# Sabres on MSG via Directv



## ahrjmr (Nov 17, 2004)

Can someone tell me if Directv is going to to carry the Sabres hockey games on MSG in the Buffalo Area?  
Last night the Sabres had a pre-season game against Ottawa that was on MSG, but only cable subscribers saw the game on MSG in Buffalo as far as I am aware. Directv's MSG feed was the Mets and Phillies game. If Directv is carring the Sabres games, will it be carried on another channel other than 621? I would like to watch the Sabres and listen to their Announcers.

Thanks for your help.  

Jim


----------



## ahrjmr (Nov 17, 2004)

I sent Directv an email and here is their response.

Thank you for asking about the Buffalo Sabres on MSG. I know that Sabres hockey is important to you. Be assured that we are in negotiations with MSG in order to show the games on DIRECTV in your area, but we may not have a deal in place in time for the start of the season. 

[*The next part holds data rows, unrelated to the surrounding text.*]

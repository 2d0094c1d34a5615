-- ===== src/Connection/Requests.antt =====
-- The passes of the loop of `rpc_connection::start` in include/rest_rpc/rpc_connection.hpp whose
-- header has been read.
use rest_rpc.Base.{
  ℕ, ◌≤◌, ◌<◌, ◌≡◌, sym, ◌∙◌, ap, ◌≢◌, arith, true, ◌==◌, ne→==_false, lt→ltb, le→ltb_false,
  if◌then◌else◌, List, [], some,
}
use rest_rpc.ErrorCode.{ErrorCode}
use rest_rpc.Protocol.{Host, RestRpcHeader, rest_magic_num, header_size, header_of_bytes}
use rest_rpc.Router.{Text, RpcRouter}
use rest_rpc.Transport.{Transport, read, failed}
use rest_rpc.Connection.{
  again, ended, escaped, Session, set_last_time, close, start_route, start_body, start_header,
  start_pass, after_body,
}
use rest_rpc.Connection.Loop.{
  set_last_time-eq, headed, bodied, converted, converted-headed, converted-magic, header_pass,
}

module _ (host : Host) (t : Transport) (App : Type 0) where
  open t use {Net, now, async_read, async_write, close_socket, max_size}

  abbrev Here : Type 0
  Here = Session host t App

  module _ (router : RpcRouter Here) (s : Here) (net1 : Net) (bytes : List ℕ) (h : RestRpcHeader)
      (head : async_read header_size s.net ≡ (net1, read bytes))
      (parsed : header_of_bytes host.endian bytes ≡ some h) where
    -- A header with another magic number ends the coroutine: nothing is written, and the
    -- connection is neither closed nor reported to the quit callback.
    pub start_pass_wrong_magic :
        h.magic ≢ rest_magic_num
        → start_pass host t App router s ≡ (headed host t App s net1, ended)
    unfolding start_header
    start_pass_wrong_magic ne =
        header_pass host t App router s net1 bytes h head parsed
        ∙ rw (
            ne→==_false _ rest_magic_num
              (λ e. ne (sym (converted-magic host t App (headed host t App s net1) h) ∙ e)))

    module _ (magic : h.magic ≡ rest_magic_num) where
      started : start_pass host t App router s ≡ (
          if (converted host t App s h).msg_type == 1
          then (
            record (headed host t App s net1) {
              connection = record ((headed host t App s net1).connection) {
                topic_id = (converted host t App s h).function_id;
              };
            },
            again,
          )
          else start_body host t App router (converted host t App s h) (headed host t App s net1))
      unfolding start_header
      started =
          header_pass host t App router s net1 bytes h head parsed
          ∙ rw (converted-magic host t App (headed host t App s net1) h ∙ magic)
              (rw (converted-headed host t App s net1 h))

      -- A subscription (message type 1) sets the connection's topic and nothing else: nothing is
      -- routed or written, and the loop goes on.
      pub start_pass_subscription :
          (converted host t App s h).msg_type ≡ 1
          → start_pass host t App router s ≡ (
            record (headed host t App s net1) {
              connection = record ((headed host t App s net1).connection) {
                topic_id = (converted host t App s h).function_id;
              };
            },
            again,
          )
      start_pass_subscription e = started ∙ rw e

      -- A body length beyond what can be allocated makes an exception leave the coroutine: the
      -- connection is not closed.
      pub start_pass_oversized :
          (converted host t App s h).msg_type ≢ 1
          → max_size < (converted host t App s h).body_len
          → start_pass host t App router s ≡ (headed host t App s net1, escaped)
      unfolding start_body
      start_pass_oversized ne big_body =
          started
          ∙ rw (ne→==_false _ 1 ne, lt→ltb max_size (converted host t App s h).body_len big_body)

      -- A request with no body is routed on the empty body.
      pub start_pass_empty_body :
          (converted host t App s h).msg_type ≢ 1
          → (converted host t App s h).body_len ≡ 0
          → start_pass host t App router s
            ≡ start_route host t App router
                (converted host t App s h)
                (record (headed host t App s net1) {
                  connection = record ((headed host t App s net1).connection) { body = [] };
                })
      unfolding start_body
      start_pass_empty_body ne e =
          started ∙ rw (ne→==_false _ 1 ne, e, le→ltb_false 0 max_size (omega arith))

      module _ (request : (converted host t App s h).msg_type ≢ 1)
          (pos : 0 < (converted host t App s h).body_len)
          (fits : (converted host t App s h).body_len ≤ max_size) where
        body_pass :
            start_pass host t App router s
            ≡ after_body host t App router
                (converted host t App s h)
                (set_last_time host t App (headed host t App s net1))
                (async_read
                  (converted host t App s h).body_len
                  (set_last_time host t App (headed host t App s net1)).net)
        unfolding start_body
        body_pass =
            started
            ∙ rw (
              ne→==_false _ 1 request,
              le→ltb_false (converted host t App s h).body_len max_size fits,
              ne→==_false (converted host t App s h).body_len 0 (λ e. omega arith),
            )

        -- A request whose body has been read is routed on that body.
        pub start_pass_body :
            (net2 : Net) (body : Text)
            → async_read (converted host t App s h).body_len net1 ≡ (net2, read body)
            → start_pass host t App router s
              ≡ start_route host t App router
                  (converted host t App s h)
                  (bodied host t App (headed host t App s net1) net2 body)
        unfolding after_body
        start_pass_body net2 body e =
            body_pass
            ∙ ap
                (after_body host t App router (converted host t App s h)
                  (set_last_time host t App (headed host t App s net1)))
                (ap (async_read (converted host t App s h).body_len)
                    (set_last_time-eq host t App (headed host t App s net1)).0
                  ∙ e)

        -- An error in the read of a body ends the coroutine, with the connection closed and nothing
        -- routed.
        pub start_pass_no_body :
            (net2 : Net) (ec : ErrorCode)
            → async_read (converted host t App s h).body_len net1 ≡ (net2, failed ec)
            → start_pass host t App router s ≡ (
              close host t App true
                  (record (set_last_time host t App (headed host t App s net1)) { net = net2 }),
              ended,
            )
        unfolding after_body
        start_pass_no_body net2 ec e =
            body_pass
            ∙ ap
                (after_body host t App router (converted host t App s h)
                  (set_last_time host t App (headed host t App s net1)))
                (ap (async_read (converted host t App s h).body_len)
                    (set_last_time-eq host t App (headed host t App s net1)).0
                  ∙ e)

Thanks again for writing, we hope to have an announcement about the Sabres games soon.

Sincerely,

Esme
DIRECTV Customer Service :nono2:  :eek2:


----------



## Satech (Sep 15, 2005)

what happened to Empire? I thought they carry the Sabres games.


----------



## Steve Mehs (Mar 21, 2002)

Empire went of the air in early March of this year. The channel was owned by Adelphia and due to their bankruptcy they shut the channel down along with their radio station, WNSA 107.7.


----------



## sat101 (Oct 6, 2005)

Directv unlike Dish Network or Adelphia Cable are being forced by MSG to pay a surcharge to them to have the rights to show the Sabres games. The powers that be at DTV feel that this is unfair and are fighting this with no regards to the Fans who have DTV and want the Sabres. They will sign within the week but how many subscribers will they lose during this. As I explained to the NY DTV regional Manager, they should sign the deal for the Fans sake and fight the surcharge at a later date.


----------



## ahrjmr (Nov 17, 2004)

This morning I sent Directv and the MSG network e-mails asking them how long will it take to get a deal done. I think my e-mails might fall on deaf ears, but I can't stand around and not do anything. What really made me upset is that Directv won't show the Sabres with there own announcers, but they blackout the game last night against the Islanders on the Center Ice package with the Islander feed as well. 

Although, I did reconize that channel 627 seemed to be set aside for the Game if Directv and MSG did come to some agreement. The banner across the top of the screen had Islanders at Sabres 7:00 pm, but the screen was black because no deal yet.


----------



## ahrjmr (Nov 17, 2004)

This is the reply I received from MSG network.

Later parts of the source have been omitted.